##### Study material #####

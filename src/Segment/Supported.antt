-- ===== src/Segment/Supported.antt =====
-- Which definitions the compiler accepts, said of the definition alone: an independent description
-- that `Supported/Compile.antt` compares with the compiler's own checks.
mod Verdicts
mod Attribute
mod Reach
pub mod Compile
use Prim.Native.String.{String}
use text.Mathlib.Text.{◌==◌ as str_eq}
use nudgeon_platform.Common.{
  Bool, true, false, not, ◌&&◌, ◌||◌, List, [], ◌∷◌, Option, none, some, ◌==◌, all, Result, ok, err,
}
use nudgeon_platform.Segment.{
  Number, Value, boolean, number, string, array, items, LogicalOp, and, or, AttributeOp, one_of,
  exists, not_exists, in_last_days, not_in_last_days, EventOp, count_gte, count_lte, performed,
  not_performed, first_performed, last_performed, ChannelOp, push_reachable, token_platform_in,
  Condition, attribute, event, channel, device, unknown, SegmentGroup, SegmentDsl,
}

abbrev pub is_scalar : Value → Bool
is_scalar (string s) = true
is_scalar (number n) = true
is_scalar (boolean b) = true
is_scalar _ = false

abbrev pub is_number : Value → Bool
is_number (number n) = true
is_number _ = false

abbrev pub is_array_of : (Value → Bool) → Value → Bool
is_array_of p (array vs) = all p (items vs)
is_array_of p _ = false

abbrev pub is_known : LogicalOp → Bool
is_known and = true
is_known or = true
is_known LogicalOp.other = false

-- The value that an attribute operator needs.
abbrev pub fits : AttributeOp → Value → Bool
fits exists value = true
fits not_exists value = true
fits one_of value = is_array_of is_scalar value
fits in_last_days value = is_number value
fits not_in_last_days value = is_number value
fits AttributeOp.other value = false
fits _ value = is_scalar value

abbrev pub is_given : Option Number → Bool
is_given none = false
is_given (some days) = true

-- What an event operator needs of the value and of the window.
abbrev pub event_fits : EventOp → Value → Option Number → Bool
event_fits performed value days = true
event_fits not_performed value days = true
event_fits count_gte value days = is_number value
event_fits count_lte value days = is_number value
event_fits first_performed value days = is_given days
event_fits last_performed value days = is_given days
event_fits EventOp.other value days = false

abbrev pub is_platform_name : String → Bool
is_platform_name s = str_eq s "ios" || str_eq s "android"

abbrev pub is_empty {ℓ} : {A : Type ℓ} → List A → Bool
is_empty [] = true
is_empty (x ∷ xs) = false

module _ (number_text : Number → String) where
  abbrev pub is_platform : Value → Bool
  is_platform (string s) = is_platform_name s
  is_platform (number n) = is_platform_name (number_text n)
  is_platform _ = false

  abbrev pub channel_fits : ChannelOp → Value → Bool
  channel_fits push_reachable value = true
  channel_fits token_platform_in value = is_array_of is_platform value
  channel_fits ChannelOp.other value = false

  -- No device condition is supported.
  abbrev pub is_supported : Condition → Bool
  is_supported (attribute c) = not (str_eq c.key "") && fits c.op c.value
  is_supported (event c) = not (str_eq c.event "") && event_fits c.op c.value c.window_days
  is_supported (channel c) = channel_fits c.op c.value
  is_supported (device c) = false
  is_supported unknown = false

  abbrev pub is_supported_group : SegmentGroup → Bool
  is_supported_group g =
      is_known g.operator && not (is_empty g.conditions) && all is_supported g.conditions

  abbrev pub is_supported_dsl : SegmentDsl → Bool
  is_supported_dsl dsl =
      dsl.version == 1 && is_known dsl.operator && all is_supported_group dsl.groups

abbrev pub is_ok {ℓ κ} : {E : Type ℓ} {A : Type κ} → Result E A → Bool
is_ok (ok a) = true
is_ok (err e) = false
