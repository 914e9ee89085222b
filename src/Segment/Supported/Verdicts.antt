-- ===== src/Segment/Supported/Verdicts.antt =====
-- Whether a step returns or throws, whatever was bound before: rules for do blocks.
use nudgeon_platform.Common.{
  ◌≡◌, refl, ap, ◌∙◌, Bool, true, false, ◌&&◌, List, if◌then◌else◌, Result, ok, err,
}
use nudgeon_platform.Segment.{Value, CompileError}
use nudgeon_platform.Segment.Params.{M, ◌>>=◌, pure, throw, lift, add}
use nudgeon_platform.Segment.Supported.{is_ok}

pub record Verdict {A : Type 0} (b : Bool) (m : M A) : Type 0 where
  pub verdict : (p : List Value) → is_ok (m p) ≡ b

pub Verdict-pure : {A : Type 0} (a : A) → Verdict true (pure a)
unfolding pure
Verdict-pure a = record { verdict = λ p. refl }

pub Verdict-throw : {A : Type 0} (e : CompileError) → Verdict {A = A} false (throw e)
unfolding throw
Verdict-throw e = record { verdict = λ p. refl }

pub Verdict-add : (v : Value) → Verdict true (add v)
unfolding add
Verdict-add v = record { verdict = λ p. refl }

pub if-Verdict :
    {A : Type 0} {c d : Bool} (b : Bool) {t u : M A}
    → Verdict c t
    → Verdict d u
    → Verdict (if b then c else d) (if b then t else u)
if-Verdict true h k = h
if-Verdict false h k = k

module _ {A B : Type 0} {b c : Bool} {f : A → M B} where
  pub Verdict-lift :
      (r : Result CompileError A)
      → is_ok r ≡ b
      → ((a : A) → r ≡ ok a → Verdict c (f a))
      → Verdict (b && c) (lift r >>= f)
  unfolding lift ◌>>=◌
  Verdict-lift (ok a) h later = record {
    verdict = λ p. (later a refl).verdict p ∙ ap (λ x. x && c) h;
  }
  Verdict-lift (err e) h later = record { verdict = λ p. ap (λ x. x && c) h }

  result-Verdict :
      (r : Result CompileError (A × List Value))
      → is_ok r ≡ b
      → ((a : A) → Verdict c (f a))
      → is_ok {A = B × List Value} (elim r [ ok (a, q) ↦ f a q | err e ↦ err e ]) ≡ b && c
  result-Verdict (ok (a, q)) h later = (later a).verdict q ∙ ap (λ x. x && c) h
  result-Verdict (err e) h later = ap (λ x. x && c) h

  pub Verdict-bind :
      {m : M A} → Verdict b m → ((a : A) → Verdict c (f a)) → Verdict (b && c) (m >>= f)
  unfolding ◌>>=◌
  Verdict-bind {m} first later = record {
    verdict = λ p. result-Verdict (m p) (first.verdict p) later;
  }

#####

- _Exercise instructions_
Each line of the data must come back exactly as written.

- _Response to the exercise_
filename src/Segment/Supported.antt
-- ===== src/Segment/Supported.antt =====
-- Which definitions the compiler accepts, said of the definition alone: an independent description
-- that `Supported/Compile.antt` compares with the compiler's own checks.
mod Verdicts
mod Attribute
mod Reach
pub mod Compile
use Prim.Native.String.{String}
use text.Mathlib.Text.{◌==◌ as str_eq}
use nudgeon_platform.Common.{
  Bool, true, false, not, ◌&&◌, ◌||◌, List, [], ◌∷◌, Option, none, some, ◌==◌, all, Result, ok, err,
}
use nudgeon_platform.Segment.{
  Number, Value, boolean, number, string, array, items, LogicalOp, and, or, AttributeOp, one_of,
  exists, not_exists, in_last_days, not_in_last_days, EventOp, count_gte, count_lte, performed,
  not_performed, first_performed, last_performed, ChannelOp, push_reachable, token_platform_in,
  Condition, attribute, event, channel, device, unknown, SegmentGroup, SegmentDsl,
}

abbrev pub is_scalar : Value → Bool
is_scalar (string s) = true
is_scalar (number n) = true
is_scalar (boolean b) = true
is_scalar _ = false

abbrev pub is_number : Value → Bool
is_number (number n) = true
is_number _ = false

abbrev pub is_array_of : (Value → Bool) → Value → Bool
is_array_of p (array vs) = all p (items vs)
is_array_of p _ = false

abbrev pub is_known : LogicalOp → Bool
is_known and = true
is_known or = true
is_known LogicalOp.other = false

-- The value that an attribute operator needs.
abbrev pub fits : AttributeOp → Value → Bool
fits exists value = true
fits not_exists value = true
fits one_of value = is_array_of is_scalar value
fits in_last_days value = is_number value
fits not_in_last_days value = is_number value
fits AttributeOp.other value = false
fits _ value = is_scalar value

abbrev pub is_given : Option Number → Bool
is_given none = false
is_given (some days) = true

-- What an event operator needs of the value and of the window.
abbrev pub event_fits : EventOp → Value → Option Number → Bool
event_fits performed value days = true
event_fits not_performed value days = true
event_fits count_gte value days = is_number value
event_fits count_lte value days = is_number value
event_fits first_performed value days = is_given days
event_fits last_performed value days = is_given days
event_fits EventOp.other value days = false

abbrev pub is_platform_name : String → Bool
is_platform_name s = str_eq s "ios" || str_eq s "android"

abbrev pub is_empty {ℓ} : {A : Type ℓ} → List A → Bool
is_empty [] = true
is_empty (x ∷ xs) = false

module _ (number_text : Number → String) where
  abbrev pub is_platform : Value → Bool
  is_platform (string s) = is_platform_name s
  is_platform (number n) = is_platform_name (number_text n)
  is_platform _ = false

  abbrev pub channel_fits : ChannelOp → Value → Bool
  channel_fits push_reachable value = true
  channel_fits token_platform_in value = is_array_of is_platform value
  channel_fits ChannelOp.other value = false

  -- No device condition is supported.
  abbrev pub is_supported : Condition → Bool
  is_supported (attribute c) = not (str_eq c.key "") && fits c.op c.value
  is_supported (event c) = not (str_eq c.event "") && event_fits c.op c.value c.window_days
  is_supported (channel c) = channel_fits c.op c.value
  is_supported (device c) = false
  is_supported unknown = false

  abbrev pub is_supported_group : SegmentGroup → Bool
  is_supported_group g =
      is_known g.operator && not (is_empty g.conditions) && all is_supported g.conditions

  abbrev pub is_supported_dsl : SegmentDsl → Bool
  is_supported_dsl dsl =
      dsl.version == 1 && is_known dsl.operator && all is_supported_group dsl.groups

abbrev pub is_ok {ℓ κ} : {E : Type ℓ} {A : Type κ} → Result E A → Bool
is_ok (ok a) = true
is_ok (err e) = false
repository 914e9ee89085222b
filename src/Segment/Supported/Verdicts.antt
-- ===== src/Segment/Supported/Verdicts.antt =====
-- Whether a step returns or throws, whatever was bound before: rules for do blocks.
use nudgeon_platform.Common.{
  ◌≡◌, refl, ap, ◌∙◌, Bool, true, false, ◌&&◌, List, if◌then◌else◌, Result, ok, err,
}
use nudgeon_platform.Segment.{Value, CompileError}
use nudgeon_platform.Segment.Params.{M, ◌>>=◌, pure, throw, lift, add}
use nudgeon_platform.Segment.Supported.{is_ok}

pub record Verdict {A : Type 0} (b : Bool) (m : M A) : Type 0 where
  pub verdict : (p : List Value) → is_ok (m p) ≡ b

pub Verdict-pure : {A : Type 0} (a : A) → Verdict true (pure a)
unfolding pure
Verdict-pure a = record { verdict = λ p. refl }

pub Verdict-throw : {A : Type 0} (e : CompileError) → Verdict {A = A} false (throw e)
unfolding throw
Verdict-throw e = record { verdict = λ p. refl }

pub Verdict-add : (v : Value) → Verdict true (add v)
unfolding add
Verdict-add v = record { verdict = λ p. refl }

pub if-Verdict :
    {A : Type 0} {c d : Bool} (b : Bool) {t u : M A}
    → Verdict c t
    → Verdict d u
    → Verdict (if b then c else d) (if b then t else u)
if-Verdict true h k = h
if-Verdict false h k = k

module _ {A B : Type 0} {b c : Bool} {f : A → M B} where
  pub Verdict-lift :
      (r : Result CompileError A)
      → is_ok r ≡ b
      → ((a : A) → r ≡ ok a → Verdict c (f a))
      → Verdict (b && c) (lift r >>= f)
  unfolding lift ◌>>=◌
  Verdict-lift (ok a) h later = record {
    verdict = λ p. (later a refl).verdict p ∙ ap (λ x. x && c) h;
  }
  Verdict-lift (err e) h later = record { verdict = λ p. ap (λ x. x && c) h }

  result-Verdict :
      (r : Result CompileError (A × List Value))
      → is_ok r ≡ b
      → ((a : A) → Verdict c (f a))
      → is_ok {A = B × List Value} (elim r [ ok (a, q) ↦ f a q | err e ↦ err e ]) ≡ b && c
  result-Verdict (ok (a, q)) h later = (later a).verdict q ∙ ap (λ x. x && c) h
  result-Verdict (err e) h later = ap (λ x. x && c) h

  pub Verdict-bind :
      {m : M A} → Verdict b m → ((a : A) → Verdict c (f a)) → Verdict (b && c) (m >>= f)
  unfolding ◌>>=◌
  Verdict-bind {m} first later = record {
    verdict = λ p. result-Verdict (m p) (first.verdict p) later;
  }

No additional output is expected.